I already explained it. The effect was made when the money came here. By buying so many Treasuries, the yields went way down, and asset bubbles were created. There is a misunderstanding that the FCBs are just buying Treasuries. But in truth, their purchases of mortgages (Fannie Mae GSE kind of stuff and MBS) exceeds the Treasury purchases. The growth in the financial sector rose from 4% of GDP in 1980 to 71% by early 2002 (I don’t know what it is today). The Flow of Funds report shows all this. Federally related mortgage pools have grown from $114 bil in 1980 to $3 tril in 2002. In 2002, mortgage-related securities issurance totaled $1 trillion in just the first half of the year, an increase of over 50% from the same period in 2001.
So that money is hot, hot, hot, and it alone is responsible for our big stock market gains since early 1980, and the asset bubbles fueled since then. The bonds that were purchased are used by businesses and governments to provide services, and their purchase affects the interest rate of those bonds.
As of 2002, Treasuries were the 4th largest category of total credit market debt.
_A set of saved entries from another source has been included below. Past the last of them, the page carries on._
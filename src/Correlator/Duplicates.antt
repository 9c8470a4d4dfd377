-- ===== src/Correlator/Duplicates.antt =====
-- backend/app/services/correlator.py: what `deduplicate` keeps, and what it counts.
use mathlib.Core.Path.{subst}
use proof_ops.Common.{
  ℕ, ◌+◌, String, Bool, true, false, ◌≡◌, refl, sym, List, [], ◌∷◌, ◌++◌, length, length-append,
  contains, Bool-cases, inl, inr, append-nil, append_assoc, if◌then◌else◌, arith, Result, ok, err,
}
use proof_ops.Correlator.Alert.{
  Alert, Fault, alert_signature, Key, key_eq, key_of, lookup, assign, Tally, empty_tally, or_zero,
  is_near, suppress, keep, tally_alert, deduplicate_from, deduplicate,
}

-- What the body of the loop preserves, with the alerts so far, holds at its end.
pub deduplicate_from-all :
    (P : List Alert → Tally → Type 0)
    → ((done : List Alert) (a : Alert) (sig : String) (t : Tally)
        → alert_signature a ≡ ok sig
        → P done t
        → P (done ++ a ∷ []) (tally_alert a (key_of a sig) t))
    → (done : List Alert) (s : Tally) (alerts : List Alert) (t : Tally) → P done s
    → deduplicate_from s alerts ≡ ok t
    → P (done ++ alerts) t
unfolding deduplicate_from
deduplicate_from-all P step done s [] t p h =
    subst (λ l. P l t) (sym (append-nil done)) (subst (P done) (same refl h) p)
  where
    same : {r : Result Fault Tally} {x y : Tally} → r ≡ ok x → r ≡ ok y → x ≡ y
    same e f = cc
deduplicate_from-all P step done s (a ∷ more) t p h = go (alert_signature a) refl h (λ sig x e.
    deduplicate_from-all P step (done ++ a ∷ []) (tally_alert a (key_of a sig) s) more t x e)
  where
    go :
        (r : Result Fault String)
        → alert_signature a ≡ r
        → (elim r [
          | err x ↦ err x
          | ok sig ↦ deduplicate_from (tally_alert a (key_of a sig) s) more
        ])
          ≡ ok t
        → ((sig : String)
            → P (done ++ a ∷ []) (tally_alert a (key_of a sig) s)
            → deduplicate_from (tally_alert a (key_of a sig) s) more ≡ ok t
            → P ((done ++ a ∷ []) ++ more) t)
        → P (done ++ a ∷ more) t
    go (err x) e g k = cc
    go (ok sig) e g k =
        subst (λ l. P l t) (append_assoc done (a ∷ []) more) (k sig (step done a sig s e p) g)

abbrev pub total : List (Key × ℕ) → ℕ
total [] = 0
total ((k, n) ∷ rest) = n + total rest

total-assign :
    (k : Key) (v : ℕ) (l : List (Key × ℕ))
    → total (assign k v l) + or_zero (lookup k l) ≡ total l + v
unfolding assign lookup
total-assign k v [] = omega arith
total-assign k v ((j, n) ∷ rest) = elim (Bool-cases (key_eq j k)) [
  | inl e ↦ rw e (omega arith)
  | inr e ↦ rw e (omega (arith, total-assign k v rest))
]

-- The counts of the loop so far.
record Counts (done : List Alert) (t : Tally) : Type 0 where
  every : length t.unique + t.suppressed ≡ length done
  by_keys : total t.by_key ≡ t.suppressed

tally_alert-Counts :
    (done : List Alert) (a : Alert) (k : Key) (t : Tally)
    → Counts done t
    → Counts (done ++ a ∷ []) (tally_alert a k t)
unfolding tally_alert
tally_alert-Counts done a k t c =
    go (contains t.seen_ids a.alert_id) (is_near a.timestamp (lookup k t.last_seen))
  where
    dropped : Counts (done ++ a ∷ []) (suppress k t)
    dropped = record {
      every = omega (arith, c.every, length-append done (a ∷ []));
      by_keys = omega (arith, c.by_keys, total-assign k (or_zero (lookup k t.by_key) + 1) t.by_key);
    }

    go :
        (b d : Bool)
        → Counts
            (done ++ a ∷ [])
            (if b then suppress k t else if d then suppress k t else keep a k t)
    go true d = dropped
    go false true = dropped
    go false false = record {
      every = omega (arith, c.every, length-append t.unique (a ∷ []), length-append done (a ∷ []));
      by_keys = c.by_keys;
    }

-- Every alert is either kept or counted as suppressed, and the counts of the keys add up to the
-- number of the suppressed alerts.
pub deduplicate_counts :
    (alerts : List Alert) {t : Tally}
    → deduplicate alerts ≡ ok t
    → (length t.unique + t.suppressed ≡ length alerts) × (total t.by_key ≡ t.suppressed)
unfolding deduplicate
deduplicate_counts alerts {t} h =
    let c =
      deduplicate_from-all Counts (λ done a sig t e c. tally_alert-Counts done a (key_of a sig) t c)
        [] empty_tally alerts t (record { every = refl; by_keys = refl }) h in
    (c.every, c.by_keys)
The 3 bigger ones are financial sector, non-financial corporate business, and the household sector. The FCB dollars are going into about 26 categories of credit markets, working to make easy money for us to buy stuff, for corporations to buy each other out. Check Flow of Funds, Table L.1.
So the question remains what happens when the FCB divests its US assets. It will have the effect of credit contraction, and devaluing the dollar and US assets. Imagine the stock market really falling when those foreigners sell their US stocks.
So when we ask who is to blame for the housing bubble, don’t blame realtors or lenders. Blame the US consumer for spending more than producing, because the result is that a bunch of countries ended up with hundreds of billions of dollars that they needed to find a home for.